Tova Mozard
It’s hard to tell where the acting begins and ends in Tova Mozard’s film, The Big Scene (2010). The artist plays her role as daughter alongside her mother and grandmother in a psychological drama worthy of Ingmar Bergman, yet true to the details of her own family tragedy. Filmed without an audience at Stockholm’s ornate Royal Dramatic Theatre, where Bergman once reigned as managing director, the three generations are joined onstage by a female therapist, who seems to double as a soul prompter, reminding the players not of their lines, but of the emotions behind them.
The Big Scene actually opens backstage in the dressing room, where the women apply gaudy make-up – pasty face powder, pink circles on the cheeks, waterproof (and tear-proof) mascara – as protection and camouflage. ‘You see what make-up can do?’ asks the mother, gazing into the mirror, ‘You don’t have to deal with each other.’ Yet the cosmetic treatment ends up hiding the women’s faces as poorly as the costumes fit their bodies; dressing up leaves them exposed, if not grotesque. Once on stage, they are still wearing tight stocking caps on their heads instead of wigs and seem to be drowning in layers of old silk and lace.
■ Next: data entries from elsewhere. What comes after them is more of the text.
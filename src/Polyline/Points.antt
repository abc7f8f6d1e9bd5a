-- ===== src/Polyline/Points.antt =====
-- A polyline built point by point: its buffer, and how it reads back.
use rrrr.Prelude.{
  append_assoc, append_nil, ℕ, suc, ◌+◌, ◌-◌, ◌*◌, ◌<◌, ◌≤◌, ◌≡◌, ◌∙◌, refl, sym, ap, subst, Bool,
  false, List, [], ◌∷◌, ◌++◌, arith, leb, length, length-append, Bool-cases, inl, inr,
}
use rrrr.Polyline.{Polyline, buflen, encode_double, polyline_begin, polyline_point, polyline_points}
use rrrr.Polyline.Decode.{decode_double, decode_points}
use rrrr.Polyline.Laws.{Fits, encode_double-IsPrintable, decode_double-encode_double}

module _ {F : Type 0} (fixed : F → ℕ) (is_negative : F → Bool) (zero_f : F)
    (minus : F → F → F) where
  -- The differences between points, the first one from `from`.
  abbrev pub deltas : F × F → List (F × F) → List (F × F)
  deltas from [] = []
  deltas from (point ∷ points) = (minus point.0 from.0, minus point.1 from.1) ∷ deltas point points

  abbrev pub AllFit : List (F × F) → Type 0
  AllFit [] = Unit
  AllFit (d ∷ ds) = (Fits fixed is_negative d.0 × Fits fixed is_negative d.1) × AllFit ds

  -- The numbers of the differences, in hundred-thousandths.
  abbrev pub numbers : List (F × F) → List (ℕ × ℕ)
  numbers [] = []
  numbers (d ∷ ds) = (fixed d.0, fixed d.1) ∷ numbers ds

  abbrev texts : List (F × F) → List ℕ
  texts [] = []
  texts (d ∷ ds) =
      encode_double fixed is_negative d.0 ++ (encode_double fixed is_negative d.1 ++ texts ds)

  abbrev pub built : List (F × F) → Polyline F
  built points =
      polyline_points fixed is_negative zero_f minus points
        (polyline_begin fixed is_negative zero_f minus)

  point-length :
      (point : F × F) (line : Polyline F)
      → length line.buf < buflen - 1
      → length (polyline_point fixed is_negative zero_f minus point line).buf < buflen - 1
  unfolding polyline_point
  point-length (lat, lon) line lt = elim (Bool-cases (leb (buflen - 13) (length line.buf))) [
    | inl e ↦ rw e lt
    | inr e ↦
        let a = encode_double fixed is_negative (minus lat line.last_lat) in
        let b = encode_double fixed is_negative (minus lon line.last_lon) in
        let (_, _, la) = encode_double-IsPrintable fixed is_negative (minus lat line.last_lat) in
        let (_, _, lb) = encode_double-IsPrintable fixed is_negative (minus lon line.last_lon) in
        let room : length line.buf < buflen - 13 = ground arith in
        rw e (omega (arith, length-append (line.buf ++ a) b, length-append line.buf a))
  ]

  points-length :
      (points : List (F × F)) (line : Polyline F)
      → length line.buf < buflen - 1
      → length (polyline_points fixed is_negative zero_f minus points line).buf < buflen - 1
  unfolding polyline_points
  points-length [] line lt = lt
  points-length (point ∷ points) line lt =
      points-length points (polyline_point fixed is_negative zero_f minus point line)
        (point-length point line lt)

  -- However many points are added after `polyline_begin`, whatever they are, the text and its '\0'
  -- stay within the buffer.
  pub polyline_points-length : (points : List (F × F)) → length (built points).buf + 1 < buflen
  polyline_points-length points =
      omega
        (arith, points-length points (polyline_begin fixed is_negative zero_f minus) (omega arith))

  point-kept :
      (lat lon : F) (line : Polyline F)
      → leb (buflen - 13) (length line.buf) ≡ false
      → polyline_point fixed is_negative zero_f minus (lat, lon) line ≡ record {
        last_lat = lat;
        last_lon = lon;
        buf =
            (line.buf ++ encode_double fixed is_negative (minus lat line.last_lat))
            ++ encode_double fixed is_negative (minus lon line.last_lon);
        n_points = line.n_points + 1;
      }
  unfolding polyline_point
  point-kept lat lon line e = rw e refl

  -- As long as there is room, the text of each point is added to the buffer.
  points-texts :
      (points : List (F × F)) (line : Polyline F)
      → length line.buf + 12 * length points ≤ buflen - 2
      → let line' = polyline_points fixed is_negative zero_f minus points line in
        (line'.buf ≡ line.buf ++ texts (deltas (line.last_lat, line.last_lon) points))
        × (line'.n_points ≡ line.n_points + length points)
  unfolding polyline_points
  points-texts [] line room = (sym (append_nil line.buf), omega arith)
  points-texts (point ∷ points) line room =
      let a = encode_double fixed is_negative (minus point.0 line.last_lat) in
      let b = encode_double fixed is_negative (minus point.1 line.last_lon) in
      let (_, _, la) = encode_double-IsPrintable fixed is_negative (minus point.0 line.last_lat) in
      let (_, _, lb) = encode_double-IsPrintable fixed is_negative (minus point.1 line.last_lon) in
      let e : leb (buflen - 13) (length line.buf) ≡ false = ground arith in
      let line' : Polyline F = record {
        last_lat = point.0;
        last_lon = point.1;
        buf = (line.buf ++ a) ++ b;
        n_points = line.n_points + 1;
      } in
      let (buf, n) =
        points-texts points line'
          (omega (arith, length-append (line.buf ++ a) b, length-append line.buf a)) in
      let rest = texts (deltas point points) in
      subst
        (λ (l : Polyline F).
          ((polyline_points fixed is_negative zero_f minus points l).buf
            ≡ line.buf ++ (a ++ (b ++ rest)))
          × ((polyline_points fixed is_negative zero_f minus points l).n_points
              ≡ line.n_points + suc (length points)))
        (sym (point-kept point.0 point.1 line e))
        (
          buf ∙ append_assoc (line.buf ++ a) b rest ∙ append_assoc line.buf a (b ++ rest),
          omega (arith, n),
        )

  decode_points-texts :
      (ds : List (F × F)) → AllFit ds → decode_points (length ds) (texts ds) ≡ numbers ds
  unfolding decode_points
  decode_points-texts [] fit = refl
  decode_points-texts (d ∷ ds) ((lat, lon), fit) =
      let text1 = encode_double fixed is_negative d.1 ++ texts ds in
      ap
        (λ (x : ℕ × List ℕ).
          let y = decode_double x.1 in (x.0, y.0) ∷ decode_points (length ds) y.1)
        (decode_double-encode_double fixed is_negative d.0 text1 lat)
      ∙ ap (λ (y : ℕ × List ℕ). (fixed d.0, y.0) ∷ decode_points (length ds) y.1)
          (decode_double-encode_double fixed is_negative d.1 (texts ds) lon)
      ∙ ap (λ t. (fixed d.0, fixed d.1) ∷ t) (decode_points-texts ds fit)

  length-deltas :
      (from : F × F) (points : List (F × F)) → length (deltas from points) ≡ length points
  length-deltas from [] = refl
  length-deltas from (point ∷ points) = ap suc (length-deltas point points)

  -- Up to 85 points, whose differences (of the first point, from zero) fit, are all kept, and the
  -- text reads back as their differences in hundred-thousandths.
  pub decode_points-polyline_points :
      (points : List (F × F))
      → length points ≤ 85
      → AllFit (deltas (zero_f, zero_f) points)
      → ((built points).n_points ≡ length points)
        × (decode_points (length points) (built points).buf
            ≡ numbers (deltas (zero_f, zero_f) points))
  decode_points-polyline_points points few fit =
      let (buf, n) =
        points-texts points (polyline_begin fixed is_negative zero_f minus) (omega arith) in
      (
        omega (arith, n),
        ap (decode_points (length points)) buf
            ∙ subst
                (λ k.
                  decode_points k (texts (deltas (zero_f, zero_f) points))
                  ≡ numbers (deltas (zero_f, zero_f) points))
                (length-deltas (zero_f, zero_f) points)
                (decode_points-texts (deltas (zero_f, zero_f) points) fit),
      )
Stuck in separate chairs – mother, grandmother and then daughter-artist – the group looks like a child’s collection of favourite Victorian bedtime dolls whose wear-and-tear is the result of too much love. Far from appearing as the collector, the therapist looks as inconspicuous and neutral as a museum label, perhaps capable of clarifying the history of this motley crew.
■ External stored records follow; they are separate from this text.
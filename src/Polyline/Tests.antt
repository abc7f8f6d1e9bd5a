-- ===== src/Polyline/Tests.antt =====
-- The examples of the format's description, on numbers that are hundred-thousandths already, and
-- instances of the theorems about polylines.
use rrrr.Prelude.{
  ℕ, ◌+◌, ◌-◌, ◌%◌, ◌^◌, ◌<◌, ◌≡◌, refl, Bool, true, List, [], ◌∷◌, ◌++◌, arith, leb, length, inl,
  inr,
}
use rrrr.Polyline.{buflen, signed_bits, encode_bits, encode_double}
use rrrr.Polyline.Decode.{decode_double, decode_points}
use rrrr.Polyline.Laws.{decode_double-encode_double}
use rrrr.Polyline.Points.{
  deltas, numbers, built, polyline_points-length, decode_points-polyline_points,
}

abbrev fixed : ℕ → ℕ
fixed c = c

abbrev is_negative : ℕ → Bool
is_negative c = leb (2 ^ 31) c

abbrev minus : ℕ → ℕ → ℕ
minus a b = (a + 2 ^ 32 - b) % 2 ^ 32

-- 38.5
north : encode_double fixed is_negative 3850000 ≡ 95 ∷ 112 ∷ 126 ∷ 105 ∷ 70 ∷ []
unfolding encode_double
north = refl

-- -120.2
west : encode_double fixed is_negative (2 ^ 32 - 12020000) ≡ 126 ∷ 112 ∷ 115 ∷ 124 ∷ 85 ∷ []
unfolding encode_double
west = refl

-- A number below zero by less than one hundred-thousandth reads back as -5368.70912.
too_small : decode_double (encode_bits (signed_bits true 0)) ≡ (2 ^ 32 - 536870912, [])
too_small = refl

decode_double-encode_double_example :
    decode_double (encode_double fixed is_negative (2 ^ 32 - 12020000) ++ (63 ∷ []))
    ≡ (2 ^ 32 - 12020000, 63 ∷ [])
decode_double-encode_double_example =
    decode_double-encode_double fixed is_negative (2 ^ 32 - 12020000) (63 ∷ [])
      (inr (refl, omega arith, omega arith))

abbrev corners : List (ℕ × ℕ)
corners = (3850000, 2 ^ 32 - 12020000) ∷ (4070000, 2 ^ 32 - 12095000) ∷ []

polyline_points-length_example : length (built fixed is_negative 0 minus corners).buf + 1 < buflen
polyline_points-length_example = polyline_points-length fixed is_negative 0 minus corners

decode_points-polyline_points_example :
    ((built fixed is_negative 0 minus corners).n_points ≡ 2)
    × (decode_points 2 (built fixed is_negative 0 minus corners).buf
        ≡ numbers fixed is_negative 0 minus (deltas fixed is_negative 0 minus (0, 0) corners))
decode_points-polyline_points_example =
    decode_points-polyline_points fixed is_negative 0 minus corners (omega arith) (
      (inl (refl, omega arith), inr (refl, omega arith, omega arith)),
      ((inl (refl, omega arith), inr (refl, omega arith, omega arith)), tt),
    )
While the theatrical setting is obvious – perhaps too obviously linked to the living dolls in Henrik Ibsen’s 1879 play, A Doll’s House, or even E.T.A. Hoffmann’s The Sandman (1816) – all the male characters and all the dramatic elements are missing, from the climax to the dénouement. What’s intriguing – and addictive – are the narrative and the timing, which remain distinct from a traditional theatre play. The women’s improvised exchange resembles a rambling therapy session, moving from events in the past to the present, as if time had not managed to pass. The family tragedy – both mother and daughter were children when their respective fathers killed themselves – is never explained but gradually seeps out of the exchanges. Emotions, confessions and accusations abound, yet there are no dramatic exits, nor are there resolutions. Suddenly, the women decide to compare the sizes of their ears, only to take a coffee and bathroom break. We see them standing alone at separate locations offstage, and then the film is finished. One wonders if the play will have any impact on their lives, or if it’s even really over.
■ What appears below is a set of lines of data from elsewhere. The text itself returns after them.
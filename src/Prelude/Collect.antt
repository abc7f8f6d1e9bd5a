-- ===== src/Prelude/Collect.antt =====
-- The outputs of a loop, one after the other, and when there are none.
use rrrr.Prelude.Lists.{range_from}
use rrrr.Prelude.Tests.{Bool-cases, ◌==◌, ==_iff, if◌then◌else◌}
use Prim.Native.Nat.{ℕ, zero, suc, ◌+◌, ◌≤◌, ◌<◌}
use mathlib.Core.Path.{◌≡◌, refl, subst}
use mathlib.Core.Logic.{◌↔◌, inl, inr}
use mathlib.Core.Bool.{Bool, true, false}
use mathlib.Core.List.{List, [], ◌∷◌, ◌++◌}
use native.Mathlib.Omega.{arith}

module _ {A : Type 0} where
  abbrev pub collect : (ℕ → List A) → List ℕ → List A
  collect f [] = []
  collect f (i ∷ is) = f i ++ collect f is

  abbrev pub when : Bool → A → List A
  when b a = if b then a ∷ [] else []

  pub when-nil : (b : Bool) (a : A) → (when b a ≡ []) ↔ (b ≡ false)
  when-nil true a = (λ e. cc, λ e. cc)
  when-nil false a = (λ e. refl, λ e. refl)

  pub append-nil : (xs ys : List A) → (xs ++ ys ≡ []) ↔ ((xs ≡ []) × (ys ≡ []))
  append-nil [] ys = (λ e. (refl, e), λ (p, q). q)
  append-nil (x ∷ xs) ys = (λ e. cc, λ (p, q). cc)

module _ {A : Type 0} (f : ℕ → List A) where
  empty_of_collect :
      (lo n : ℕ) → collect f (range_from lo n) ≡ [] → (i : ℕ) → lo ≤ i → i < lo + n → f i ≡ []
  empty_of_collect lo zero e i p q = absurd (omega arith)
  empty_of_collect lo (suc n) e i p q =
      let (first, rest) = (append-nil (f lo) (collect f (range_from (lo + 1) n))).0 e in
      elim (Bool-cases (lo == i)) [
        | inl r ↦ subst (λ k. f k ≡ []) ((==_iff lo i).0 r) first
        | inr r ↦ empty_of_collect (lo + 1) n rest i (ground arith) (ground arith)
      ]

  collect_of_empty :
      (lo n : ℕ) → ((i : ℕ) → lo ≤ i → i < lo + n → f i ≡ []) → collect f (range_from lo n) ≡ []
  collect_of_empty lo zero h = refl
  collect_of_empty lo (suc n) h = (append-nil (f lo) (collect f (range_from (lo + 1) n))).1 (
    h lo (omega arith) (omega arith),
    collect_of_empty (lo + 1) n (λ i p q. h i (omega arith) (omega arith)),
  )

  pub collect-nil :
      (lo n : ℕ) → (collect f (range_from lo n) ≡ []) ↔ ((i : ℕ) → lo ≤ i → i < lo + n → f i ≡ [])
  collect-nil lo n = (empty_of_collect lo n, collect_of_empty lo n)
In The Big Scene, Mozard captures not only her family history but also the suffocating roles that haunt all families, from the silent one to the troublemaker. I found myself rooting for the mother, only to agree with the daughter that she talks too much, and then wishing she would say more when a pause stretched into an uncomfortable silence. Did she choose the chatty role simply because no one else would play it? Even more disturbing are the recurrences, which go beyond genetics. The Big Scene is a gigantic photocopying machine, churning out similar fates from one generation to the next: paternal suicides, dreams, expressions and even gestures. As the mother talks – and talks – the grandmother and the daughter twist their fingers unconsciously in unison, like two wind-up dolls. But it’s impossible to know who has the key.